The server object will be implemented. The server object encapsulates the server specific backend driver section in the configuration.
The following methods will not be used in the backend driver:
create_tsigkey(tsigkey)
update_tsigkey(tsigkey)
delete_tsigkey(tsigkey)
This is due to the only provisioner supported initially being the ‘unmanaged’ provisioner. Those methods will be used for future provisioners.
Storage Changes¶
A new table for the Pool Manager status will be needed. Additionally, the domains and records tables will be modified to support pools. Domains and records will be ‘PENDING’ status initially. A new status ‘ERROR’ will be possible for domains and records. Finally, a record can also be ‘DELETE_PENDING’ and ‘DELETE_ERROR’.

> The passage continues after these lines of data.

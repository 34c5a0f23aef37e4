-- ===== src/Cipher/Runs.antt =====
-- Concrete runs, and the theorems at concrete inputs, with a block cipher and a decryption that stand
-- for those of AES.
use wmbm_16brandnew.Prelude.{
  ℕ, zero, suc, ◌+◌, ◌*◌, ◌≡◌, refl, [], ◌∷◌, ◌++◌, map, Bytes, IsByte, All, length, u8, take, drop,
  replicate, arith, length-append, length-take, All-take, All-append, concat,
}
use wmbm_16brandnew.Cipher.{increment_iv, increment_loop, decrypt_tpl_aes_cbc_iv, aes_cmac}
use wmbm_16brandnew.Cipher.Ctr.{IsBlockCipher}
use wmbm_16brandnew.Cipher.Cbc.{IsEncryptedPart, decrypt_tpl_aes_cbc_iv_lem}
use wmbm_16brandnew.Cipher.Subkeys.{xor_blocks}
use wmbm_16brandnew.Cipher.Mac.{chain, sealed_last, aes_cmac_lem}

-- Sixteen bytes that depend on the block
abbrev pub mixed : Bytes → Bytes → Bytes
mixed block key = take 16 (map (λ x. u8 (x * 5 + 3)) block ++ replicate 16 0xA5)

map-u8-IsByte : (v : Bytes) → All IsByte (map (λ x. u8 (x * 5 + 3)) v)
map-u8-IsByte [] = tt
map-u8-IsByte (x ∷ v) = (omega arith, map-u8-IsByte v)

replicate-IsByte : (n : ℕ) → All IsByte (replicate n 0xA5)
replicate-IsByte zero = tt
replicate-IsByte (suc n) = (omega arith, replicate-IsByte n)

pub mixed-IsBlockCipher : IsBlockCipher mixed
mixed-IsBlockCipher = record {
  size = λ block key. omega (
    arith,
    length-take 16 (map (λ x. u8 (x * 5 + 3)) block ++ replicate 16 0xA5),
    length-append (map (λ x. u8 (x * 5 + 3)) block) (replicate 16 0xA5),
  );
  bytes = λ block key.
      All-take IsByte 16 _
        (All-append IsByte _ (replicate 16 0xA5) (map-u8-IsByte block) (replicate-IsByte 16));
}

-- A decryption that keeps the length
abbrev pub raised : Bytes → Bytes → Bytes → Bytes
raised v key iv = map (λ x. u8 (x + 1)) v

length-raised : (v key iv : Bytes) → length (raised v key iv) ≡ length v
length-raised [] key iv = refl
length-raised (x ∷ v) key iv = omega (arith, length-raised v key iv)

abbrev header : Bytes
header = 0x2F ∷ 0x2F ∷ []

-- Two bytes of a header, a full block and three bytes more
abbrev framed : Bytes
framed = header ++ replicate 16 7 ++ 1 ∷ 2 ∷ 3 ∷ []

abbrev short_key : Bytes
short_key = replicate 16 1

increment_run : increment_iv (1 ∷ 255 ∷ 255 ∷ []) ≡ 2 ∷ 0 ∷ 0 ∷ []
unfolding increment_iv increment_loop
increment_run = refl

decrypt_tpl_aes_cbc_iv_lem_example :
    (len : ℕ) × IsEncryptedPart 1 19 len
    × (length (decrypt_tpl_aes_cbc_iv raised 1 (replicate 16 0) framed 2 short_key) ≡ 21)
    × (take 2 (decrypt_tpl_aes_cbc_iv raised 1 (replicate 16 0) framed 2 short_key) ≡ header)
    × (take len (drop 2 (decrypt_tpl_aes_cbc_iv raised 1 (replicate 16 0) framed 2 short_key))
        ≡ raised (take len (drop 2 framed)) short_key (replicate 16 0))
    × (drop (2 + len) (decrypt_tpl_aes_cbc_iv raised 1 (replicate 16 0) framed 2 short_key)
        ≡ drop (2 + len) framed)
decrypt_tpl_aes_cbc_iv_lem_example =
    decrypt_tpl_aes_cbc_iv_lem raised 1 (replicate 16 0) framed 2 short_key
      (λ v. length-raised v short_key (replicate 16 0)) refl (omega arith)

aes_cmac_lem_example :
    aes_cmac mixed short_key (concat (replicate 16 9 ∷ []) ++ 1 ∷ 2 ∷ [])
    ≡ mixed
        (xor_blocks
          (chain mixed short_key (replicate 16 0) (replicate 16 9 ∷ []))
          (sealed_last mixed short_key (1 ∷ 2 ∷ [])))
        short_key
aes_cmac_lem_example =
    aes_cmac_lem mixed mixed-IsBlockCipher short_key (replicate 16 9 ∷ []) (1 ∷ 2 ∷ []) (refl, tt)
      (omega arith) (omega arith)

New Table - pool_manager_status¶
Column |
Type |
Nullable? |
Unique? |
Notes |
---|---|---|---|---|
id |
CHAR(32) |
No |
Yes |
PK |
updated_at |
DATETIME |
No |
No |
UTC time of last update |
server_id |
VARCHAR(32) |
No |
No |
Server ID |
domain_id |
CHAR(32) |
No |
No |
FK to ID on domains table |
status |
‘SUCCESS’,’ERROR’ |
Yes |
No |
Status |
serial_number |
INT(11) |
No |
No |
Serial number at time of status |
action |
‘CREATE’,’DELETE’,’UPDATE’ |
No |
No |
Action resulting in status |
Modify Table - domains¶
Column |
Type |
Nullable? |
Unique? |
Default |
Notes |
Action |
---|---|---|---|---|---|---|
status |
‘ACTIVE’,’PENDING’,’DELETED’,’ERROR’ |
No |
No |
‘PENDING’ |
Record status |
update |
Modify Table - records¶
Column |
Type |
Nullable? |
Unique? |
Default |
Notes |
Action |
---|---|---|---|---|---|---|
serial_number |
INT(11) |
No |
No |
Used for the record status |
add |
|
task |
‘ADD’,’DELETE’,’UPDATE’,’NONE’ |
No |
No |
‘ADD’ |
Record operation task |
add |
status |
‘ACTIVE’,’PENDING’,’DELETED’,’ERROR’ |
No |
No |
‘PENDING’ |
Record status |
update |
Other Changes¶
None
Alternatives¶
None
Implementation¶
Assignee(s)¶
- Primary assignee:
- Additional assignee:
Milestones¶
- Target Milestone for completion:
Kilo-1
Work Items¶
Pool Manager changes
Central changes
Backend driver changes
Storage changes
Dependencies¶
This specification relies on the Server Pools - Storage specification. This specification relies on the Server Pools - MiniDNS Support specification.